Updated by Sage Weil over 6 years ago
/a/sage-2017-08-11_17:22:37-rados-wip-sage-testing-20170811a-distro-basic-smithi/1511996
Updated by Sage Weil over 6 years ago
/a/sage-2017-08-11_21:54:20-rados-luminous-distro-basic-smithi/1512264
I'm going to whitelist this on luminous branch for now just to hide the noise, but leave it there on master.
Updated by Sage Weil over 6 years ago
- Status changed from 12 to Resolved
the problem is that bluestore logs so freaking much at debug bluestore = 30 that the mon gets all laggy.

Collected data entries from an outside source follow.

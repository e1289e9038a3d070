-- ===== src/Lib.antt =====
-- A model of enimul, a local proxy that sends TLS ClientHellos past filters: as several TLS
-- records and TCP segments, and along routes, policies and name look-ups that its configuration
-- chooses.
--
-- The parts, by their files in the repository:
-- - internal/addrtrie: AddrTrie. AddrTrie.BitTrie has the nodes and the loops that `IPv4Trie` and
--   `IPv6Trie` share, AddrTrie.Ip the parsers of a pattern, `Insert` and `Find` of the two, and
--   AddrTrie.Domain the `DomainMatcher`. The trees are values: an insertion returns the new tree,
--   which is sound since no node is shared. A map of children is an association list, in which a
--   write replaces the value of an equal key.
-- - internal/core/fragment.go: Fragment has `findLastDotOrMidPos`, `makeRecord` and
--   `splitAndAppend`, Fragment.Chunks what `sendRecords` makes before it sends, and Fragment.Send
--   the sending.
-- - internal/core/oob_unix.go and waitack_linux.go: Wire, the connection. A computation takes the
--   connection with its log of events and returns it with a result, an error or a panic. What each
--   operation answers is an argument, so that a theorem is about every environment that it names.
--   The system calls are not modelled: an operation succeeds and is logged, or fails.
-- - internal/core/tunnel.go: ClientHello, `parseClientHello`; Tunnel, the session with its log of
--   events, Tunnel.Tls, `handleTLS`, and Tunnel.Entry, `handleTunnel` with `handleHTTP`.
-- - internal/core/socks5.go: Socks5, the handler of a connection up to the tunnel.
-- - internal/core/core.go: Pattern, `expandPattern`; Builder with Builder.Options, `NewBuilder` and
--   `Merge`, and the loop of main.go over the configurations.
-- - internal/core/ippool.go: Pool.Listing, `parseIPList`; Pool.Creation, `newIPPool`; Pool.Ranking,
--   `testIP`, `scan` and `updateBest`; Pool.Choice, `Get` and the manager.
-- - internal/core/desync.go: Desync, `parseTTLRules`, `genTTLCalcFunc`, the search of
--   `probeMinimumReachableTTL`, and `getFakeTTL`.
-- - internal/core/policy.go: Modes, the modes and their names; Policy with Policy.Checks,
--   `newPolicy`, and Policy.Merge, `mergePolicies`; Routing, the look-ups of `routeMatcher` with
--   `ipRedirect`, `transformIP` and `preMapIP`, and `genPolicy` in Routing.Evaluator.
-- - internal/core/dns.go: Modes, `DNSMode`; Dns, the choice among the records of the responses;
--   Dns.Exchange, the loop of `ExchangeWithConnContext`; Dns.Resolver, `doResolve` and `Resolve`.
-- - internal/dial/dst.go: Dst. internal/dial/option.go: Dial. internal/jsonx/types.go: Jsonx, and
--   orderedmap.go: Jsonx.OrderedMap. internal/errors/errors.go: Common.Result.
-- Outcome are results that may be panics, with what a computation ensures of its result in
-- Outcome.Ensures; Netip is what the source uses of net/netip; Common are the helpers.
--
-- How the parts meet: `Builder.merge` makes the policies of a configuration by `new_policy` and
-- stores them in the tries under what `expand_pattern` makes of their keys, which is what the
-- router reads; a connection's policy is the merge of those that the tries find for it, and a
-- destination may be the tag of a pool. `handle_tls` parses the ClientHello that the client sends
-- first, may route again by its name, and passes it on as the mode says: by `sendRecords`, which
-- cuts it at the name, or behind a fake packet with the TTL of `get_fake_ttl`. `socks5_handler` asks
-- `gen_policy` for the session that the tunnel starts with.
--
-- Parameters: the parsers of net/netip and net/http, what encoding/json makes of a value, the
-- answers of the connections and of dialing, the cache of the resolver and of the TTLs, the exchange
-- of DNS messages, and the weight of a pool's address, which the source computes in floating point.
-- In Routing the pools' manager and in Tunnel `sendRecords`, `getFakeTTL` and `desyncSend` are
-- parameters too. A theorem that assumes something of a parameter says so.
--
-- Numbers: bytes, ports and addresses are natural numbers; Go's `int` and durations are integers
-- without bounds, except where a conversion wraps (`int_of_uint`, the length in `make_record`).
-- Fuel: the loop of `parse_extensions` has the length of the data and one more; a round moves the
-- offset by at least 4. The reader of records in Fragment.Split has one more than the records.
-- `expand_pattern` has the length of the pattern and one more, and recurs on what is behind a group;
-- the loop over a network has the addresses that are left in its family; the search for a TTL has
-- the greatest TTL and one more, and each round leaves less between its bounds; the loop over TTL
-- rules has the length of the text and one more, and a rule takes at least three bytes.
--
-- Not modelled: logging, `Policy.Append` and the other formatting; sockets, goroutines and time
-- itself, so also the start of the scans, the timeouts, `dialParallel` and the copying of
-- `forwardTCP`; decoding of JSON; the system calls of `desyncSend`; the servers for HTTP and SNI around
-- `handleTunnel` and the loop that accepts SOCKS5 connections; the copies of other projects in
-- internal/freelru, internal/singleflight, internal/jsonx/jsonc.go and internal/errors/join.go.
pub mod Common
pub mod Netip
pub mod AddrTrie
pub mod Jsonx
pub mod Outcome
pub mod Wire
pub mod Fragment
pub mod ClientHello
pub mod Modes
pub mod Dst
pub mod Policy
pub mod Dns
pub mod Routing
pub mod Pattern
pub mod Dial
pub mod Builder
pub mod Pool
pub mod Desync
pub mod Tunnel
pub mod Socks5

Updated by Sage Weil over 6 years ago
- Status changed from Resolved to Pending Backport
- Backport set to luminous
Updated by Nathan Cutler over 6 years ago
master PR for backport: https://github.com/ceph/ceph/pull/17505
Updated by Nathan Cutler over 6 years ago
- Copied to Backport #21283: luminous: spurious MON_DOWN, apparently slow/laggy mon added
Updated by Sage Weil over 6 years ago
- Status changed from Pending Backport to In Progress
Ok, this is still happening.. and it correlated with (1) bluestore and (2) bluestore fsck on mount, which spews an ungodly amount of log output. For example,
/a/sage-2017-09-07_15:28:50-rados-wip-sage-testing2-2017-09-07-0919-distro-basic-smithi/1605258
triggers MON_DOWN at
2017-09-07 16:01:01.628035 mon.a mon.1 172.21.15.195:6789/0 131 : cluster [WRN] Health check failed: 1/3 mons down, quorum a,c (MON_DOWN)
on smithi101, right after
2017-09-07T16:00:51.620 INFO:teuthology.orchestra.run.smithi101:Running: 'sudo adjust-ulimits ceph-objectstore-tool --data-path /var/lib/ceph/osd/ceph-6 --journal-path /var/lib/ceph/osd/ceph-6/journal --log-file=/var/log/ceph/objectstore_tool.\\$pid.log --op import --file /home/ubuntu/cephtest/ceph.data/exp.4.5.6'
Updated by Nathan Cutler over 6 years ago
- Status changed from In Progress to Resolved
Updated by Sage Weil over 6 years ago
- Status changed from In Progress to Resolved
Updated by Greg Farnum over 6 years ago
Moved the /var/log/ceph into NVMe and haven't seen it since.